I'm trying to create a set of tables which can all have a Contactassigned to them.

class Contact(Base):
    __tablename__ = "contact"
    id = Column(Integer, primary_key=True)
    name = Column(String, index=True, nullable=False, doc="Name of the contact.")
    phone = Column(String, index=True, doc="Phone number of the contact.")

Contacts can be linked to from various other tables, and one record can have more than one contact in different fields.

class BusinessGroup(Base):
    __tablename__ = "business_group"
    id = Column(Integer, primary_key=True)
    name = Column(String, index=True, nullable=False, doc="Name of the group.")
    main_contact = Column(Integer, ForeignKey("contact.id"), doc="Main contact details for the group.")
    second_contact = Column(Integer, ForeignKey("contact.id"), doc="Second contact details for the group.")

class Vendor(Base):
    __tablename__ = "vendor"
    id = Column(Integer, primary_key=True)
    name = Column(String, index=True, nullable=False, doc="Name of the vendor.")
    contact = Column(Integer, ForeignKey("contact.id"), doc="Main contact details for the vendor.")

This setup seems to work, but in flask-admin, no contact fields show up when creating a new item for either BusinessGroup or Vendor.

How can I make this design work?
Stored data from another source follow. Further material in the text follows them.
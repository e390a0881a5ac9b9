-- ===== src/Capacity/Inversion.antt =====
-- What a call that succeeded did to the tables: each statement's effect, for the proofs about steps.
use crane_oss.Base.{
  Bool, true, false, ◌≡◌, refl, List, ◌∷◌, [], ◌++◌, arith, Result, ok, ◌>>=◌, refuse_if,
}
use crane_oss.Base.Tables.{count, update, any}
use crane_oss.Capacity.Db.{Error, Db, OperationRow, Host}
use crane_oss.Capacity.Intents.{insert_row}
use crane_oss.Capacity.Leases.{fenced_update}
use crane_oss.Capacity.Provision.{fenced_host_update}

-- A fenced statement touched exactly one operation, and nothing but the operations.
pub fenced_update-eq-ok :
    (p : OperationRow → Bool) (f : OperationRow → OperationRow) (db db' : Db)
    → fenced_update p f db ≡ ok db'
    → (count p db.operations ≡ 1) × (db' ≡ record db { operations = update p f db.operations })
unfolding fenced_update
fenced_update-eq-ok p f db db' h = ground arith

pub fenced_host_update-eq-ok :
    (p : Host → Bool) (f : Host → Host) (db db' : Db)
    → fenced_host_update p f db ≡ ok db'
    → (count p db.hosts ≡ 1) × (db' ≡ record db { hosts = update p f db.hosts })
unfolding fenced_host_update
fenced_host_update-eq-ok p f db db' h = ground arith

pub insert_row-eq-ok :
    {A : Type 0} (clash : A → Bool) (x : A) (xs ys : List A)
    → insert_row clash x xs ≡ ok ys
    → (any clash xs ≡ false) × (ys ≡ xs ++ x ∷ [])
insert_row-eq-ok clash x xs ys h = ground arith

-- The part behind a Go guard that let the call pass.
pub after_guard {κ} :
    {A : Type κ} (b : Bool) (e : Error) (k : Result Error A) {a : A}
    → (refuse_if b e >>= λ _. k) ≡ ok a
    → (b ≡ false) × (k ≡ ok a)
after_guard true e k h = cc
after_guard false e k h = (refl, h)
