-- ===== src/Enter/Root/Quiet.antt =====
-- Mount where no call fails.
use edgi_os.Base.{
  Bytes, codes, ℕ, Bool, true, false, [], ◌∷◌, ◌++◌, some, ◌||◌, if◌then◌else◌, same, is_empty, ◌≡◌,
  ◌≢◌, refl, arith, bytes_discrete, Bool-cases, inl, inr,
}
use edgi_os.Os.World.{Result, ok, directory, World, emit, replaced, ◌>>=◌}
use edgi_os.Os.Files.{stat, read_file, follow, content, node_behind, max_links}
use edgi_os.Os.Process.{getenv, setenv, exec}
use edgi_os.Os.Replaced.{Last}
use edgi_os.Enter.Host.{Host}
use edgi_os.Enter.Loop.{wrapping, ensureloop}
use edgi_os.Enter.Root.{find_root, is_debug, names_debug, enter_again, enter_from, mount_root}

read_file-quiet :
    (p : Bytes) (w : World) → w.faults ≡ [] → (r : Result Bytes) × (read_file p w ≡ (r, w))
unfolding read_file
read_file-quiet p w f =
    (content (node_behind w.files (follow max_links w.files p)), rw (f, read_file) refl)

is_debug-quiet :
    (word : Bytes) (w : World) → w.faults ≡ [] → (b : Bool) × (is_debug word w ≡ (ok b, w))
unfolding is_debug getenv ◌>>=◌
is_debug-quiet word w f = elim (Bool-cases (same (w.env (codes "ENTER_DEBUG")) (codes "true"))) [
  | inl e ↦ (true, rw e refl)
  | inr n ↦ elim (Bool-cases (is_empty word)) [
    | inl e ↦ (false, rw n (rw e refl))
    | inr m ↦
        let (r, q) = read_file-quiet (codes "/proc/cmdline") w f in
        (names_debug word r, rw n (rw m (rw q refl)))
  ]
]

enter_again-quiet :
    (host : Host) (w : World)
    → host.pid ≡ 1
    → w.faults ≡ []
    → enter_again host w ≡ (
      ok true,
      emit
          (replaced host.program (codes "enter-root" ∷ host.arguments) w.env)
          (record w { faults = [] }),
    )
unfolding enter_again exec ◌>>=◌
enter_again-quiet host w p f = rw p (rw f refl)

-- The state of a process that runs as `enter-root`, with variables that name the data and the root.
abbrev pub Entered : Host → Bytes → Bytes → Result Bool → World → Type 0
Entered host data_dir root r w =
    (r ≡ ok true)
    × (w.env (codes "ENTER_DATA") ≡ data_dir)
    × (w.env (codes "ENTER_ROOT") ≡ root)
    × Last host.program (codes "enter-root" ∷ host.arguments) w

find_root-set :
    (host : Host) (root : Bytes) (w : World)
    → w.env (codes "ENTER_ROOT") ≡ root
    → root ≢ []
    → find_root host w ≡ (ok (root, 0), w)
unfolding find_root getenv ◌>>=◌
find_root-set host root w r n =
    let filled : is_empty (w.env (codes "ENTER_ROOT")) ≡ false = ground arith in
    rw filled (rw r refl)

stat-quiet :
    (p : Bytes) (m : ℕ) (w : World)
    → w.faults ≡ []
    → w.files p ≡ some (directory m)
    → stat p w ≡ (ok (directory m), w)
unfolding stat follow
stat-quiet p m w f d = rw (f, stat) (rw d (rw d refl))

-- The search for the root and what follows it.
rest-replaces :
    (host : Host) (data_dir root : Bytes) (m : ℕ) (w : World)
    → host.pid ≡ 1
    → w.faults ≡ []
    → w.env (codes "ENTER_ROOT") ≡ root
    → root ≢ []
    → w.files root ≡ some (directory m)
    → let (r, w') =
        (find_root host >>= λ (root, offset). setenv (codes "ENTER_DATA") data_dir >>= λ _.
        setenv (codes "ENTER_ROOT") root >>= λ _.
        wrapping (codes "failed to find " ++ root) (stat root) >>= λ info.
        enter_from host root offset info)
          w in
      Entered host data_dir root r w'
unfolding enter_from setenv ◌>>=◌ bytes_discrete
rest-replaces host data_dir root m w p f r n d =
    let named : World = record w {
      env = λ j.
          if same (codes "ENTER_ROOT") j
          then root
          else if same (codes "ENTER_DATA") j
          then data_dir
          else w.env j;
    } in
    rw (find_root-set host root w r n) (
      rw (stat-quiet root m named f d)
        (rw (enter_again-quiet host named p f) (refl, refl, refl, (w.trace, refl))))

-- For the first process, where the loop devices are prepared and no call fails after that, and the
-- variable of the root names a directory: Mount replaces the process, the last event is that the
-- program runs again as `enter-root` with the same arguments, and its variables name the data and
-- that root.
pub mount_root-replaces :
    (host : Host) (word data_dir root : Bytes) (verbose : Bool) (m : ℕ) (w v : World)
    → host.pid ≡ 1
    → ensureloop host w ≡ (ok tt, v)
    → v.faults ≡ []
    → v.env (codes "ENTER_ROOT") ≡ root
    → root ≢ []
    → v.files root ≡ some (directory m)
    → let (r, w') = mount_root host word verbose data_dir w in Entered host data_dir root r w'
unfolding mount_root setenv ◌>>=◌ bytes_discrete
mount_root-replaces host word data_dir root verbose m w v p e f r n d =
    let (debug, q) = is_debug-quiet word v f in
    rw e (
      rw q (elim (Bool-cases (verbose || debug)) [
        | inl y ↦ rw y (rest-replaces host data_dir root m _ p f r n d)
        | inr y ↦ rw y (rest-replaces host data_dir root m v p f r n d)
      ]))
Or should I be modelling this kind of relationship in a different way entirely?


Solution

  • I ended up subclassing the Contact table so that I could have:

    class MainContact(Contact):
        __tablename__ = "main_contact"
        id = Column(Integer, ForeignKey("contact.id"), primary_key=True)
        business_group = relationship("BusinessGroup", back_populates="main_contact")
        business_group_id = Column(Integer, ForeignKey("business_group.id"), nullable=False)
        ...
    
    class SecondContact(Contact):
        __tablename__ = "second_contact"
        id = Column(Integer, ForeignKey("contact.id"), primary_key=True)
        business_group = relationship("BusinessGroup", back_populates="second_contact")
        business_group_id = Column(Integer, ForeignKey("business_group.id"), nullable=False)
        ...
    
    class BusinessGroup(Base):
        __tablename__ = "business_group"
        id = Column(Integer, primary_key=True)
        name = Column(String, index=True, nullable=False, doc="Name of the group.")
        main_contact = relationship(
            "MainContact", back_populates="business_group", uselist=False, 
            doc="Main contact details for the business_group."
        )
        second_contact = relationship(
            "SecondContact", back_populates="business_group", uselist=False, 
            doc="Second contact details for the business_group."
        )
    

    As well as requiring subclassing so that we can have two different contacts referred to from the same model, the other important part was adding the foreign key relationships, so that the contacts show up in the Flask Admin panel.